Ideally the tree structure embeds some domain specific granularity
Examples of granularity include:
try to find a way to create buckets of granularity
(That way) we never need to fetch all messages because we can start as deeply down the tree as is appropriate
I get it. Makes perfect sense.
Imagine a clutter-twitter app, where people post tweets, and users should be able to see the latest tweets. It has no concept of Profiles or whatever. Everyone kinda posts in a universal feed.
Given a tree-based (“Path”-based, in HDK’s terminology) solution, users who want to read last hour’s posts can simply retrieve the entry for “1/3/2021: 23.00 to 24.00” and simply do a get-all-links on it and get all the messages posted in that hour (assuming the granularity of partitioning/pagination is 1 hour).
But the problem is that not all use-cases that the end-developers ((h)app developers) have exhibit that sort of a granularity; they simply don’t fit in that domain. Thus, the tree-style solution fails them (as it once failed me)…
Imagine that fresh Ford Model 1 cars are on sale, and that buyers would have to purchase it in exchange for US Dollars. And, for this specific use-case, imagine that no single manufacturer is churning out those cars; rather people who have a 3D-printer are printing those cars (at home) and offering it for sale at an arbitrary price that they think there hard-work is worth for; this transaction has to take place on a Holochain app (Yippee!!!).
Here’s the catch: the user has absolutely no idea what a Ford Model 1 should be worth.
One can see that a tree-based solution won’t be of any help here… For example, you may store “all-cars-for-dollars” entry, and link them to “all-cars-for-0-to-100-dollars”, “all-cars-for-100-to-200-dollars”, “all-cars-for-500-to-600-dollars” and so on… Further down, one may have other subtree-roots that say “all-cars-for-100-to-150-dollars” and so on…
Now what can you, as a rational user, query to this (h)app so as to strike the best deal? Nothing! You’re absolutely hopeless due to such an architecture…
You can make a guess and search for the subtree-root (i.e., an entry) that says “all-cars-for-0-to-100”, in which case you’d just be right on the money (meaning very lucky). But what if those 3D printers costed a billion dollars each? Well then would forever be searching in the wrong places! Plus doing a get-all-links to the rootest-root isn’t an option ('cause what would be the point then; I mean, that way we’d be back to the same problem we started with!)
Imagine another architecture of organizing such diverse prices on the DHT.
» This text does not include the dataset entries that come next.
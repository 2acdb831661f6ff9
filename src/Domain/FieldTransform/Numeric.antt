-- ===== src/Domain/FieldTransform/Numeric.antt =====
-- The arithmetic of `increment`, `maximum` and `minimum`.
use embyr_rs.Base.{
  true, Option, none, some, ◌≡◌, ◌↔◌, refl, arith, ok, Bool-cases, inl, inr, ◌⊎◌, subst,
}
use embyr_rs.Base.Int.{ℤ, pos, ◌+ℤ◌, IsI64, fits_i64}
use embyr_rs.Domain.FieldValue.{Float, FieldValue, integer, double}
use embyr_rs.Domain.FieldTransform.{
  Extremum, checked_add, or_overflow, is_numeric, as_f64, zero_like, add_numeric, increment_base,
  compute_increment, current_wins, pick_extremum, compute_extremum,
}

fits_i64_iff : (z : ℤ) → (fits_i64 z ≡ true) ↔ IsI64 z
fits_i64_iff z = ground arith

checked_add_iff : (a b c : ℤ) → (checked_add a b ≡ some c) ↔ ((c ≡ a +ℤ b) × IsI64 (a +ℤ b))
unfolding checked_add
checked_add_iff a b c = elim (Bool-cases (fits_i64 (a +ℤ b))) [
  | inl e ↦ (λ h. (cc, (fits_i64_iff (a +ℤ b)).0 e), λ (p, q). cc)
  | inr e ↦ (λ h. absurd (cc), λ (p, q). absurd (cc ((fits_i64_iff (a +ℤ b)).1 q)))
]

-- Any two numbers that equal themselves are ordered: IEEE comparison without NaN.
abbrev pub IsTotal : {F : Type 0} → Float F → Type 0
IsTotal {F} float =
    (x y : F)
    → float.le x x ≡ true
    → float.le y y ≡ true
    → (float.le x y ≡ true) ⊎ (float.le y x ≡ true)

module _ {F : Type 0} ⦃float : Float F⦄ where
  -- The integer that a field counts from: a missing field counts as zero.
  abbrev pub base_integer : Option (FieldValue F) → Option ℤ
  base_integer none = some (pos 0)
  base_integer (some (integer a)) = some a
  base_integer (some _) = none

  or_overflow_iff : (o : Option ℤ) (c : ℤ) → (or_overflow {F = F} o ≡ ok (integer c)) ↔ (o ≡ some c)
  or_overflow_iff none c = (λ h. absurd (cc), λ h. absurd (cc))
  or_overflow_iff (some x) c = (λ h. cc, λ h. cc)

  -- Incrementing by an integer gives the integer c exactly when the field is missing or holds an
  -- integer, c is the exact sum and the sum lies in the range of `i64`: it never wraps around.
  pub compute_increment_iff :
      (current : Option (FieldValue F)) (delta c : ℤ)
      → (compute_increment current (integer delta) ≡ ok (integer c))
        ↔ ((a : ℤ) × (base_integer current ≡ some a) × (c ≡ a +ℤ delta) × IsI64 (a +ℤ delta))
  unfolding compute_increment increment_base zero_like add_numeric
  compute_increment_iff none delta c =
      let (to, from) = or_overflow_iff (checked_add (pos 0) delta) c in
      let (to', from') = checked_add_iff (pos 0) delta c in
      (
        λ h. let (e, r) = to' (to h) in (pos 0, refl, e, r),
        λ (a, p, e, r).
            let same : a ≡ pos 0 = cc in
            from (from' (subst (λ y. (c ≡ y +ℤ delta) × IsI64 (y +ℤ delta)) same (e, r))),
      )
  compute_increment_iff (some (integer a)) delta c =
      let (to, from) = or_overflow_iff (checked_add a delta) c in
      let (to', from') = checked_add_iff a delta c in
      (
        λ h. let (e, r) = to' (to h) in (a, refl, e, r),
        λ (x, p, e, r).
            let same : x ≡ a = cc in
            from (from' (subst (λ y. (c ≡ y +ℤ delta) × IsI64 (y +ℤ delta)) same (e, r))),
      )
  compute_increment_iff (some (double d)) delta c = (λ h. absurd (cc), λ (a, p, e, r). absurd (cc))
  compute_increment_iff (some _) delta c = (λ h. absurd (cc), λ (a, p, e, r). absurd (cc))

  -- Whether a numeric value stands on the winning side of another.
  abbrev pub Beats : Extremum → FieldValue F → FieldValue F → Type 0
  Beats Extremum.maximum w v = float.le (as_f64 v) (as_f64 w) ≡ true
  Beats Extremum.minimum w v = float.le (as_f64 w) (as_f64 v) ≡ true

  extremum_pick :
      (v given : FieldValue F) (which : Extremum)
      → (pick_extremum v given which ≡ v) ⊎ (pick_extremum v given which ≡ given)
  unfolding pick_extremum
  extremum_pick v given which = elim (Bool-cases (current_wins v given which)) [
    | inl e ↦ inl (rw e)
    | inr e ↦ inr (rw e)
  ]

  pick_extremum-Beats :
      IsTotal float
      → (v given : FieldValue F) (which : Extremum) → float.le (as_f64 v) (as_f64 v) ≡ true
      → float.le (as_f64 given) (as_f64 given) ≡ true
      → Beats which (pick_extremum v given which) v
        × Beats which (pick_extremum v given which) given
  unfolding pick_extremum current_wins
  pick_extremum-Beats total v given Extremum.maximum p q =
      ground (arith, total (as_f64 v) (as_f64 given))
  pick_extremum-Beats total v given Extremum.minimum p q =
      ground (arith, total (as_f64 v) (as_f64 given))

  -- `maximum` and `minimum` of a numeric field and a numeric comparand keep one of the two, its type
  -- included and without a promotion of an integer to a double, and the one kept is, as converted to
  -- f64, not below (for `minimum` not above) either of them as converted, where neither is NaN.
  pub compute_extremum_lem :
      IsTotal float
      → (v given : FieldValue F) (which : Extremum) → is_numeric v ≡ true
      → is_numeric given ≡ true
      → float.le (as_f64 v) (as_f64 v) ≡ true
      → float.le (as_f64 given) (as_f64 given) ≡ true
      → (r : FieldValue F) × (compute_extremum (some v) given which ≡ ok r)
        × ((r ≡ v) ⊎ (r ≡ given))
        × Beats which r v
        × Beats which r given
  unfolding compute_extremum
  compute_extremum_lem total v given which n m p q =
      let (b, b') = pick_extremum-Beats total v given which p q in
      (pick_extremum v given which, rw (m, n) refl, extremum_pick v given which, b, b')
There’s an entry that says “best-deal”, to which is linked the Ford Model 1 that’s up for sale for the least amount of money. That car (or rather, the entry of that car) further links to the next best deal, and so on…
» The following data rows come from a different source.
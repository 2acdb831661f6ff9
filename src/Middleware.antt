-- ===== src/Middleware.antt =====
-- crates/embyr-server/src/middleware: what stands before a request's handler.
pub mod RateLimit
pub mod RestGate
The user gets() the “best-deal” entry, gets its link (tagged “next”), and guess what? He’s found the cheapest Ford Model 1!
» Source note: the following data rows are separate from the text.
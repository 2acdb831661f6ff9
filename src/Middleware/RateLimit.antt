-- ===== src/Middleware/RateLimit.antt =====
-- middleware/rate_limit.rs: token buckets in the process, and the decision on the database's answers.
-- The lock around the buckets makes each check one step; the clock's reading is an argument.
pub mod Invariant
pub mod Buckets
pub mod Burst
pub mod Wait
use embyr_rs.Base.{
  ℕ, ◌==◌, leb, ◌&&◌, ◌||◌, List, ◌∷◌, length, all, Bool, true, false, not, Option, none, some, [],
  if◌then◌else◌, Result, ok, err, ◌>>=◌,
}
use embyr_rs.Base.Text.{Text, codes, text_eq, is_ascii_digit}
use embyr_rs.AccessControl.Scan.{span}
use embyr_rs.Base.Dict.{Dict, get, insert}

-- What the source uses of `f64`, `millis a r` being `(a / r * 1000.0) as u64`, and of `Instant`:
-- `duration_since` in seconds.
pub record Quantity (A : Type 0) : Type 0 where
  pub zero : A
  pub one : A
  pub add : A → A → A
  pub sub : A → A → A
  pub mul : A → A → A
  pub min : A → A → A
  pub le : A → A → Bool
  pub lt : A → A → Bool
  pub millis : A → A → ℕ

pub record Clock (A T : Type 0) : Type 0 where
  pub seconds : T → T → A

pub record TokenBucket (A T : Type 0) : Type 0 where
  pub capacity : A
  pub tokens : A
  pub refill_rate : A
  pub last_refill : T

pub record RateLimitInfo (A : Type 0) : Type 0 where
  pub remaining : A
  pub limit : A
  pub reset_ms : ℕ

-- `has_pool` says whether there is a connection pool.
pub record RateLimiter (A T : Type 0) : Type 0 where
  pub buckets : Dict (TokenBucket A T)
  pub capacity : A
  pub refill_rate : A
  pub enabled : Bool
  pub has_pool : Bool

abbrev pub Verdict : Type 0 → Type 0
Verdict A = Result (RateLimitInfo A) (RateLimitInfo A)

-- An error of the database.
pub data PgError : Type 0 where
  pg_error : PgError

-- What the queries of `check_pg` answer: the tokens left by the update, whether the row exists, and
-- the tokens of a row that was not updated.
pub record PgAnswers (A : Type 0) : Type 0 where
  pub allowed : Result PgError (Option A)
  pub row_exists : Result PgError Bool
  pub current : Option A

pub data PgOutcome (A : Type 0) : Type 0 where
  answered : PgAnswers A → PgOutcome A
  timed_out : PgOutcome A

-- The label of the metric that `check` counts.
unfoldable pub project_label : Text → Bool → Text
project_label project_id known_existing = if known_existing then project_id else codes "unconfirmed"

module _ {A : Type 0} ⦃quantity : Quantity A⦄ where
  abbrev pub reset_after : A → A → ℕ
  reset_after refill_rate remaining =
      if quantity.lt remaining (quantity.one)
      then quantity.millis (quantity.sub (quantity.one) remaining) refill_rate
      else 0

  abbrev pub or_zero : Option A → A
  or_zero none = quantity.zero
  or_zero (some tokens) = tokens

  -- The branches of `check_pg` where no row was updated; the row that the first one inserts is the
  -- database's.
  unfoldable pub not_updated : A → A → Bool → Option A → Verdict A × Bool
  not_updated capacity refill_rate false current = (
    ok (record {
      remaining = quantity.sub capacity (quantity.one);
      limit = capacity;
      reset_ms = 0;
    }),
    false,
  )
  not_updated capacity refill_rate true current = (
    err (record {
      remaining = or_zero current;
      limit = capacity;
      reset_ms = reset_after refill_rate (or_zero current);
    }),
    true,
  )

  unfoldable pub pg_verdict : A → A → Option A → PgAnswers A → Result PgError (Verdict A × Bool)
  pg_verdict capacity refill_rate (some remaining) answers = ok (
    ok (record {
      remaining = remaining;
      limit = capacity;
      reset_ms = reset_after refill_rate remaining;
    }),
    true,
  )
  pg_verdict capacity refill_rate none answers = do
    row_exists ← answers.row_exists
    ok (not_updated capacity refill_rate row_exists (answers.current))

module _ {A T : Type 0} ⦃quantity : Quantity A⦄ ⦃clock : Clock A T⦄ where
  -- `TokenBucket::new`
  abbrev pub new_bucket : A → A → T → TokenBucket A T
  new_bucket capacity refill_rate now = record {
    capacity = capacity;
    tokens = capacity;
    refill_rate = refill_rate;
    last_refill = now;
  }

  abbrev pub refilled : T → TokenBucket A T → A
  refilled now bucket =
      quantity.min
        (quantity.add (bucket.tokens)
          (quantity.mul (clock.seconds now (bucket.last_refill)) (bucket.refill_rate)))
        (bucket.capacity)

  abbrev pub with_tokens : A → T → TokenBucket A T → TokenBucket A T
  with_tokens tokens now bucket = record {
    capacity = bucket.capacity;
    tokens = tokens;
    refill_rate = bucket.refill_rate;
    last_refill = now;
  }

  unfoldable pub try_consume : T → TokenBucket A T → Bool × TokenBucket A T
  try_consume now bucket =
      if quantity.le (quantity.one) (refilled now bucket)
      then (true, with_tokens (quantity.sub (refilled now bucket) (quantity.one)) now bucket)
      else (false, with_tokens (refilled now bucket) now bucket)

  -- `entry(…).or_insert_with(…)`
  abbrev pub entry_or_new : Option (TokenBucket A T) → A → A → T → TokenBucket A T
  entry_or_new (some bucket) capacity refill_rate now = bucket
  entry_or_new none capacity refill_rate now = new_bucket capacity refill_rate now

  abbrev pub capped : A → TokenBucket A T → TokenBucket A T
  capped capacity bucket = record {
    capacity = bucket.capacity;
    tokens = if quantity.lt capacity (bucket.tokens) then capacity else bucket.tokens;
    refill_rate = bucket.refill_rate;
    last_refill = bucket.last_refill;
  }

  abbrev pub is_present : Option (TokenBucket A T) → Bool
  is_present none = false
  is_present (some bucket) = true

  -- The result for the bucket after `try_consume`.
  unfoldable pub verdict : A → A → Bool × TokenBucket A T → Verdict A
  verdict capacity refill_rate (true, bucket) = ok (record {
    remaining = bucket.tokens;
    limit = capacity;
    reset_ms = reset_after refill_rate (bucket.tokens);
  })
  verdict capacity refill_rate (false, bucket) = err (record {
    remaining = bucket.tokens;
    limit = capacity;
    reset_ms =
        quantity.millis (quantity.sub (quantity.one) (quantity.min (bucket.tokens) (quantity.one)))
          refill_rate;
  })

  abbrev pub with_buckets : Dict (TokenBucket A T) → RateLimiter A T → RateLimiter A T
  with_buckets buckets limiter = record {
    buckets = buckets;
    capacity = limiter.capacity;
    refill_rate = limiter.refill_rate;
    enabled = limiter.enabled;
    has_pool = limiter.has_pool;
  }

  -- The bucket that a check of the key works on, and what it makes of it.
  unfoldable pub consume : T → Text → RateLimiter A T → Bool × TokenBucket A T
  consume now key limiter = try_consume now (
      capped (limiter.capacity)
        (entry_or_new (get key (limiter.buckets)) (limiter.capacity) (limiter.refill_rate) now))

  unfoldable pub check_in_process :
      T → Text → RateLimiter A T → (Verdict A × Bool) × RateLimiter A T
  check_in_process now project_id limiter = (
    (
      verdict (limiter.capacity) (limiter.refill_rate) (consume now project_id limiter),
      is_present (get project_id (limiter.buckets)),
    ),
    with_buckets (insert project_id ((consume now project_id limiter).1) (limiter.buckets)) limiter,
  )

  unfoldable pub check_pg : RateLimiter A T → PgAnswers A → Result PgError (Verdict A × Bool)
  check_pg limiter answers = do
    allowed ← answers.allowed
    pg_verdict (limiter.capacity) (limiter.refill_rate) allowed answers

  abbrev pub or_in_process :
      Result PgError (Verdict A × Bool)
      → T
      → Text
      → RateLimiter A T
      → (Verdict A × Bool) × RateLimiter A T
  or_in_process (ok result) now project_id limiter = (result, limiter)
  or_in_process (err e) now project_id limiter = check_in_process now project_id limiter

  -- The database first, if there is a pool.
  unfoldable pub check_shared :
      T → Text → Bool → PgOutcome A → RateLimiter A T → (Verdict A × Bool) × RateLimiter A T
  check_shared now project_id true (answered answers) limiter =
      or_in_process (check_pg limiter answers) now project_id limiter
  check_shared now project_id true timed_out limiter = check_in_process now project_id limiter
  check_shared now project_id false outcome limiter = check_in_process now project_id limiter

  unfoldable pub check_inner :
      T → Text → PgOutcome A → RateLimiter A T → (Verdict A × Bool) × RateLimiter A T
  check_inner now project_id outcome limiter =
      if limiter.enabled then check_shared now project_id (limiter.has_pool) outcome limiter else (
        (
          ok (record { remaining = limiter.capacity; limit = limiter.capacity; reset_ms = 0 }),
          false,
        ),
        limiter,
      )

  unfoldable pub check :
      T → Text → PgOutcome A → RateLimiter A T → Verdict A × Text × RateLimiter A T
  check now project_id outcome limiter =
      let ((result, known_existing), after) = check_inner now project_id outcome limiter in
      (result, project_label project_id known_existing, after)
[Replace Ford Model 1 with, let’s say, Starbucks coffee-coupons, and US Dollars with Amazon-coupons and you’ve got the Vril’s token exchange system. Just so as a side-note…]
[Note that for this use-case, new sellers might have to be placed anywhere within the list… However, for the use case of messages, this is a great approach; in fact, I’d say even better than HDK::Path based approach. The “Latest-Message” entry would, upon the arrival (i.e., the posting) of a new message, would simply delete the previous link that it held, and rather create a new one that points to this newer message, while the new message would now (and forever from then on) hold the link of the last latest message (the previous latest message, in other words). This way, a user can read the latest message, the one posted before it, the one posted before that one, and so on… Trust me, nobody reads the messages posted on “Tuesday, July 21st 2019”; they simply scroll up and up until they reach what they had been looking for. And my experience with distributed databased has taught me to always “store data the way it would be retrieved”, i.e. time-sorted “latest-first” manner, in this example.
One doubt I have is whether deleting and creating (or simply updating, as updates are nothing but sequential deletes and creates) the link on the “latest-message” entry would be an efficient thing to do, especially from a storage perspective. Because there would always be some remnant leftovers (such as the link-headers, etc)… But, from a storage-optimization perspective, your Tree solution also ends up creating a great many “roots” and “sub-roots”, such as “all-cars-for-0-to-100-dollars” which do not hold any valuable information in and of themselves… Plus, you’ve already assured me that it’s best to ignore such silly storage-costs (How exactly does holochain support micro-payments?).
As for the hotspot thing, then yeah, I would mostly be hitting the “latest-messages-between-the-a-man-and-david” entry (substitute the string with a well-formatted chat-room entry that stores the hashes of the participants and not their names; you get the idea…) because that’s what I care about (i.e., I care about the latest messages). But note that it always has just one link. Plus it (or rather, the neighbourhood of that entry) would only be receiving get() requests from me and you; not that hot a spot. Even if the whole world were in that room, the same argument would apply to, let’s say, a famous person’s tweet/message when everyone wants to read it at the same time (i.e., would incur a huge traffic influx on that neighbourhood, so as to make their device’s wifi glow red hot).